3) *[ɣ]* When preceded by any vowel and then followed by a,o,u it is a very weak sound similar to the French r, but weaker:  Agua, Lago, Amiga


----------



## rajulbat

TheCrociato91 said:


> With all due respect, I'll have to disagree with that. "Hard g", as you call it, does exist in Spanish but only in certain phonemic contexts. In other words, the phoneme /g/ is not always realized as [g] just like in English.
> 
> 
> Spanish phonology - Wikipedia
> 
> Of course this is a general rule and there is surely some variation between native speakers.

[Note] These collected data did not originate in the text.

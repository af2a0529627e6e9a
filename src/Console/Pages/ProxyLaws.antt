-- ===== src/Console/Pages/ProxyLaws.antt =====
-- The form of the host rules.
use apk_cache.Prelude.{◌≡◌, refl, String, false, Option, some, List, [], ◌∷◌}
use mathlib.Core.Option.{get_or}
use apk_cache.Console.Json.{Method, word, null}
use apk_cache.Console.Script.{resolved, rejected, reply, run}
use apk_cache.Console.Pages.Proxy.{
  ProxyHostRule, ProxyStatus, ProxyPage, loaded, other, proxy_request, set_loaded, load, rule_body,
  add_rule, add_button,
}

-- What the button that adds a rule sends, leaves and shows, when it is accepted and when it is refused.
abbrev pub Adds :
    String → String → ProxyStatus → Option (List ProxyHostRule) → String → ProxyPage → Type 0
Adds host description status rules message s =
    ((run (add_button host description)
        (reply (resolved other) ∷ reply (resolved (loaded status rules)) ∷ []) s).sent
      ≡ proxy_request Method.post (word "host-rules" ∷ []) (rule_body host description)
        ∷ proxy_request Method.get (word "status" ∷ []) null
        ∷ proxy_request Method.get (word "host-rules" ∷ []) null
        ∷ [])
    × ((run (add_button host description)
          (reply (resolved other) ∷ reply (resolved (loaded status rules)) ∷ []) s).state
        ≡ record {
          status = some status;
          rules = get_or rules [];
          host = "";
          description = "";
          error = "";
        })
    × ((run (add_button host description) (reply (rejected message) ∷ []) s).sent
        ≡ proxy_request Method.post (word "host-rules" ∷ []) (rule_body host description) ∷ [])
    × ((run (add_button host description) (reply (rejected message) ∷ []) s).state ≡ s)
    × ((run (add_button host description) (reply (rejected message) ∷ []) s).toasts
        ≡ (message, false) ∷ [])

-- An accepted rule is sent and the status and the rules are loaded again, with empty inputs; a refused
-- one leaves the page and its inputs as they were and shows the server's message.
pub add_button-Adds :
    (host description : String) (status : ProxyStatus) (rules : Option (List ProxyHostRule))
    (message : String) (s : ProxyPage)
    → Adds host description status rules message s
unfolding add_button add_rule load set_loaded
add_button-Adds host description status rules message s = (refl, refl, refl, refl, refl)
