-- ===== src/Console/UtilsLaws.antt =====
-- Reading a list of texts back from its editor.
use Prim.Native.Char.{code}
use apk_cache.Prelude.{
  ◌≡◌, ◌≢◌, refl, ap, ◌∙◌, false, String, List, [], ◌∷◌, ◌==◌, eq_iff, All, arith,
}
use apk_cache.Console.Utils.{
  trim, trim_start, trim_end, split_lines, trimmed_lines, lines, before_line, join_lines, push,
}

-- No character of the text ends a line.
abbrev pub IsOneLine : String → Type 0
IsOneLine String.[] = Unit
IsOneLine (String.◌∷◌ c s) = (code c ≢ 0x0a) × IsOneLine s

-- An entry of a list as the editor keeps it: one line, not empty, without white space at its ends.
abbrev pub IsEntry : String → Type 0
IsEntry s = IsOneLine s × (trim s ≡ s) × (s ≢ "")

split_last : (s : String) → IsOneLine s → split_lines s ≡ s ∷ []
unfolding split_lines push
split_last String.[] h = refl
split_last (String.◌∷◌ c s) (hc, hs) =
    let other : (code c == 0x0a) ≡ false = ground arith in rw (other, split_last s hs) refl

split_before : (s t : String) → IsOneLine s → split_lines (before_line s t) ≡ s ∷ split_lines t
unfolding split_lines push before_line
split_before String.[] t h = refl
split_before (String.◌∷◌ c s) t (hc, hs) =
    let other : (code c == 0x0a) ≡ false = ground arith in rw (other, split_before s t hs) refl

keeps_entry :
    (s : String) (rest : List String)
    → IsEntry s
    → trimmed_lines (s ∷ rest) ≡ s ∷ trimmed_lines rest
unfolding trimmed_lines
keeps_entry s rest (_, same, full) = rw same (ground (arith, eq_iff s "", full))

-- The lines of a list of entries joined by line ends are the entries.
pub lines-join_lines : (items : List String) → All IsEntry items → lines (join_lines items) ≡ items
unfolding lines join_lines
lines-join_lines [] h = unfold trim trim_start trim_end in refl
lines-join_lines (s ∷ []) (h, _) =
    ap trimmed_lines (split_last s h.0)
    ∙ keeps_entry s [] h
    ∙ ap (◌∷◌ s) (unfold trimmed_lines in refl)
lines-join_lines (s ∷ next ∷ rest) (h, hs) =
    ap trimmed_lines (split_before s (join_lines (next ∷ rest)) h.0)
    ∙ keeps_entry s (split_lines (join_lines (next ∷ rest))) h
    ∙ ap (◌∷◌ s) (lines-join_lines (next ∷ rest) hs)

But saying that the Spanish /g/ is always pronounced the same as the English /g/ is plain wrong in my opinion.
> 
> Now, some native speakers of Spanish might not be even aware of the differences. But that's a different story altogether.

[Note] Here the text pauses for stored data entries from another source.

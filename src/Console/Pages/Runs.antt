-- ===== src/Console/Pages/Runs.antt =====
-- The lists, the mirrors and the proxy page on concrete inputs, and the theorems at them.
use apk_cache.Prelude.{List, String, All, ◌≡◌, refl, true, false, none, some, [], ◌∷◌, arith}
use apk_cache.Console.Json.{null}
use apk_cache.Console.UtilsLaws.{IsEntry, IsOneLine}
use apk_cache.Console.Utils.{is_space, trim, trim_start, trim_end}
use apk_cache.Console.Pages.Mirrors as M
use apk_cache.Console.Pages.Packages.{PackageList}
use apk_cache.Console.Pages.Proxy.{ProxyPage, ProxyStatus}

abbrev mirror : M.Mirror
mirror = record {
  mirror_id = 4;
  name = "debian";
  public_prefix = "/debian";
  upstream_url = "https://deb.example";
  proxy = "";
  enabled = true;
  created_at = "";
  updated_at = "";
}

abbrev mirror_page : M.Mirrors
mirror_page = record {
  items = mirror ∷ [];
  draft = M.empty_mirror;
  editing_id = none;
  sources = "";
  error = "";
}

-- The third page of a search, with another text typed in.
abbrev third : PackageList
third = record {
  items = [];
  draft = " curl ";
  query_text = "wget";
  page = 3;
  total = 140;
  error = "";
  loading = false;
}

trimmed : trim " curl " ≡ "curl"
unfolding trim trim_start trim_end is_space
trimmed = refl

abbrev status : ProxyStatus
status = record {
  enabled = true;
  allow_connect = false;
  cache_non_package_requests = false;
  upstream_proxy = "";
  allowed_hosts = [];
  host_rules_configured = false;
  connect = null;
}

abbrev proxy_page : ProxyPage
proxy_page = record {
  status = some status;
  rules = [];
  host = "deb.example";
  description = "";
  error = "";
}

abbrev hosts : List String
hosts = "deb.example" ∷ "a b" ∷ []

hosts-IsEntry : All IsEntry hosts
unfolding trim trim_start trim_end is_space
hosts-IsEntry = ((host_line, refl, λ e. cc), ((spaced_line, refl, λ e. cc), tt))
  where
    host_line : IsOneLine "deb.example"
    host_line = omega arith

    spaced_line : IsOneLine "a b"
    spaced_line = omega arith
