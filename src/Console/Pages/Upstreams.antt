-- ===== src/Console/Pages/Upstreams.antt =====
-- pages/UpstreamsPage.tsx: the list of upstream servers, the form and the actions on one server.
use mathlib.Core.Option.{get_or}
use apk_cache.Prelude.{
  ℕ, zero, suc, String, Bool, true, false, Option, List, [], ◌∷◌, str_eq, if◌then◌else◌,
}
use apk_cache.Console.Json.{
  Json, null, flag, num, text, obj, end, field, Method, Segment, word, id, Request,
}
use apk_cache.Console.Script.{
  Script, resolved, rejected, finish, update, notify, call, ask, awaiting,
}

-- types.ts, Upstream
pub record Upstream : Type 0 where
  pub upstream_id : ℕ
  pub name : String
  pub url : String
  pub proxy : String
  pub kind : String
  pub enabled : Bool
  pub priority : ℕ
  pub created_at : String
  pub updated_at : String

abbrev pub empty_upstream : Upstream
empty_upstream = record {
  upstream_id = 0;
  name = "";
  url = "";
  proxy = "";
  kind = "apk";
  enabled = true;
  priority = 100;
  created_at = "";
  updated_at = "";
}

pub record UpstreamsPage : Type 0 where
  pub items : List Upstream
  pub editing : Upstream
  pub error : String
  pub loading : Bool

-- The list, and the result of a test: whether it was good, and its `error`, empty if it has none.
pub data Payload : Type 0 where
  upstreams : Option (List Upstream) → Payload
  tested : Bool → String → Payload
  other : Payload

abbrev pub Handler : Type 0
Handler = Script UpstreamsPage Payload

unfoldable pub items_of : Payload → List Upstream
items_of (upstreams i) = get_or i []
items_of p = []

abbrev pub plain_request : Method → List Segment → Json → Request
plain_request m path body = record { method = m; path = path; query = []; body = body }

abbrev pub set_loading : Bool → UpstreamsPage → UpstreamsPage
set_loading b s = record s { loading = b }

abbrev pub set_error : String → UpstreamsPage → UpstreamsPage
set_error m s = record s { error = m }

unfoldable pub load : Handler
load = update (set_loading true) (
    update (set_error "") (
      call (plain_request Method.get (word "upstreams" ∷ []) null) (λ a. elim a [
        | resolved p ↦
            update (λ (s : UpstreamsPage). record s { items = items_of p })
              (update (set_loading false) finish)
        | rejected m ↦ update (set_error m) (update (set_loading false) finish)
      ])))

-- { ...editing, id: undefined }: JSON leaves the id out.
unfoldable pub body_of : Upstream → Json
body_of u = obj (
    field "name" (text u.name) (
      field "url" (text u.url) (
        field "proxy" (text u.proxy) (
          field "kind" (text u.kind) (
            field "enabled" (flag u.enabled) (
              field "priority" (num u.priority) (
                field "created_at" (text u.created_at)
                  (field "updated_at" (text u.updated_at) end))))))))

abbrev pub edit : Upstream → UpstreamsPage → UpstreamsPage
edit u s = record s { editing = u }

-- The end of submit, after the request.
unfoldable pub submitted : String → Handler
submitted message = notify message true (update (edit empty_upstream) load)

unfoldable pub submit : Upstream → Handler
submit editing = elim editing.upstream_id [
  | zero ↦
      awaiting (plain_request Method.post (word "upstreams" ∷ []) (body_of editing))
        (λ _. submitted "upstream created")
  | suc n ↦
      awaiting (plain_request Method.put (word "upstreams" ∷ id (suc n) ∷ []) (body_of editing))
        (λ _. submitted "upstream updated")
]

pub data Action : Type 0 where
  toggle delete test : Action

unfoldable pub show_test : Payload → Handler
show_test (tested ok message) =
    if ok
    then notify "connected" true finish
    else notify (if str_eq message "" then "test failed" else message) false finish
show_test (upstreams i) = notify "test failed" false finish
show_test other = notify "test failed" false finish

unfoldable pub action : Upstream → Action → Handler
action item test =
    awaiting
      (plain_request Method.post (word "upstreams" ∷ id item.upstream_id ∷ word "test" ∷ []) null)
      show_test
action item delete = ask "delete this upstream?" (λ confirmed. elim confirmed [
  | false ↦ finish
  | true ↦
      awaiting (plain_request Method.delete (word "upstreams" ∷ id item.upstream_id ∷ []) null)
        (λ _. notify "upstream deleted" true load)
])
action item toggle =
    awaiting
      (plain_request Method.post
        (word "upstreams"
          ∷ id item.upstream_id
          ∷ word (if item.enabled then "disable" else "enable")
          ∷ [])
        null)
      (λ _. notify "upstream status changed" true load)
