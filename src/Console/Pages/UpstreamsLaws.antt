-- ===== src/Console/Pages/UpstreamsLaws.antt =====
-- What the form and the actions of the upstreams page send.
use apk_cache.Prelude.{ℕ, zero, suc, ◌≡◌, ◌⊎◌, refl, inl, inr, String, true, false, List, [], ◌∷◌}
use apk_cache.Console.Json.{null, Method, word, id, Request}
use apk_cache.Console.Script.{Input, resolved, rejected, reply, answer, run}
use apk_cache.Console.Pages.Upstreams.{
  Upstream, empty_upstream, UpstreamsPage, Payload, items_of, plain_request, load, body_of,
  submitted, submit, delete, action,
}

-- The request that saves a form: a new server is created, one with an id is replaced.
unfoldable pub saving_request : Upstream → Request
saving_request u = elim u.upstream_id [
  | zero ↦ plain_request Method.post (word "upstreams" ∷ []) (body_of u)
  | suc n ↦ plain_request Method.put (word "upstreams" ∷ id (suc n) ∷ []) (body_of u)
]

abbrev pub list_request : Request
list_request = plain_request Method.get (word "upstreams" ∷ []) null

-- What the form sends and leaves, when it is accepted and when it is refused.
abbrev pub Submits : Upstream → Payload → Payload → String → UpstreamsPage → Type 0
Submits u saved listed message s =
    ((run (submit u) (reply (resolved saved) ∷ reply (resolved listed) ∷ []) s).sent
      ≡ saving_request u ∷ list_request ∷ [])
    × ((run (submit u) (reply (resolved saved) ∷ reply (resolved listed) ∷ []) s).state
        ≡ record { items = items_of listed; editing = empty_upstream; error = ""; loading = false })
    × ((run (submit u) (reply (rejected message) ∷ []) s).sent ≡ saving_request u ∷ [])
    × ((run (submit u) (reply (rejected message) ∷ []) s).state ≡ s)

-- A form that is saved sends its one request and then loads the list, and leaves an empty form, the
-- new list and no error; one that is refused changes nothing on the page.
pub submit-Submits :
    (u : Upstream) (saved listed : Payload) (message : String) (s : UpstreamsPage)
    → Submits u saved listed message s
unfolding submit submitted load saving_request
submit-Submits u saved listed message s = go u.upstream_id refl
  where
    go : (n : ℕ) → u.upstream_id ≡ n → Submits u saved listed message s
    go zero e = simp (e, submit, saving_request) (refl, refl, refl, refl)
    go (suc n) e = simp (e, submit, saving_request) (refl, refl, refl, refl)

-- The first input is a yes to the question.
abbrev pub IsAgreed : List (Input Payload) → Type 0
IsAgreed (answer true ∷ rest) = Unit
IsAgreed _ = ⊥

abbrev pub SendsNothing : Upstream → List (Input Payload) → UpstreamsPage → Type 0
SendsNothing u inputs s = (run (action u delete) inputs s).sent ≡ []

-- The deletion of a server sends nothing, unless the first input is the user's yes.
pub delete-IsAgreed :
    (u : Upstream) (inputs : List (Input Payload)) (s : UpstreamsPage)
    → SendsNothing u inputs s ⊎ IsAgreed inputs
unfolding action
delete-IsAgreed u [] s = inl refl
delete-IsAgreed u (answer true ∷ rest) s = inr tt
delete-IsAgreed u (answer false ∷ rest) s = inl refl
delete-IsAgreed u (reply a ∷ rest) s = inl refl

Maybe you're right. Can you listen to the pronunciations on Forvo and tell me what "g sound" you hear for the one by DonQuijote (Male from Mexico)? I definitely hear the fricativeness in the "g" in the sample by PalomaBernal (Female from Spain). I kinda sorta hear it in the one by pleitecas (Male from Spain). It is ever so slight, if present at all, in the sample by santi_monse (Male from Argentina). I don't think it's present at all in the Mexican one.

The place where I notice the fricativeness the most is when Spaniards pronounce "hasta luego" ("hasta lo[ɣ]o") (example)

Your thoughts?

This is the first I'm hearing that the "g" in "algo" is any different than the "g" in "guide," but I learned Spanish pronunciation by listening and repeating as opposed to reading IPA symbols.


----------



## TheCrociato91

rajulbat said:


> Can you listen to the pronunciations on Forvo and tell me what "g sound" you hear for the one by DonQuijote (Male from Mexico).



Well, I think you're right on that particular Mexican pronunciation. I can't tell for sure if it's a fully plosive /g/ but it doesn't sound fricative, let alone approximant. Possibly it's a softer plosive.
Instead, the other pronunciations range from markedly fricative to approximant, at least to my ears. 

Granted, the Spanish phonetics I've studied (and which I tried to support by citing Spanish phonology - Wikipedia) mostly refers to Spain Spanish, so I'm not really qualified to judge Latin American Spanish.


----------



## Dogmatix

TheCrociato91 said:


> In theory, not only should they not notice, but you should sound "more native" than you would if we pronounced "algo" with a hard (plosive) /g/.
> 
> 
> from Wiktionary



I think you misunderstood what Rashit said.


----------



## Rashit

Yes, I think TheCrociato91 thought I asked if native speakers would notice if I pronounced the "g" in those two words as a voiced velar fricative. What I asked was if they would notice if I pronounced it the same way as the English "g".


----------



## TheCrociato91

Yeah, sorry. To answer your question, take a look at what @Doraemon- said in #8 (at the end of the post). This might only be true for Spain, though. I'm not sure anymore.


----------



## Amapolas

TheCrociato91 said:


> Yeah, sorry. To answer your question, take a look at what @Doraemon- said in #8 (at the end of the post). This might only be true for Spain, though. I'm not sure anymore.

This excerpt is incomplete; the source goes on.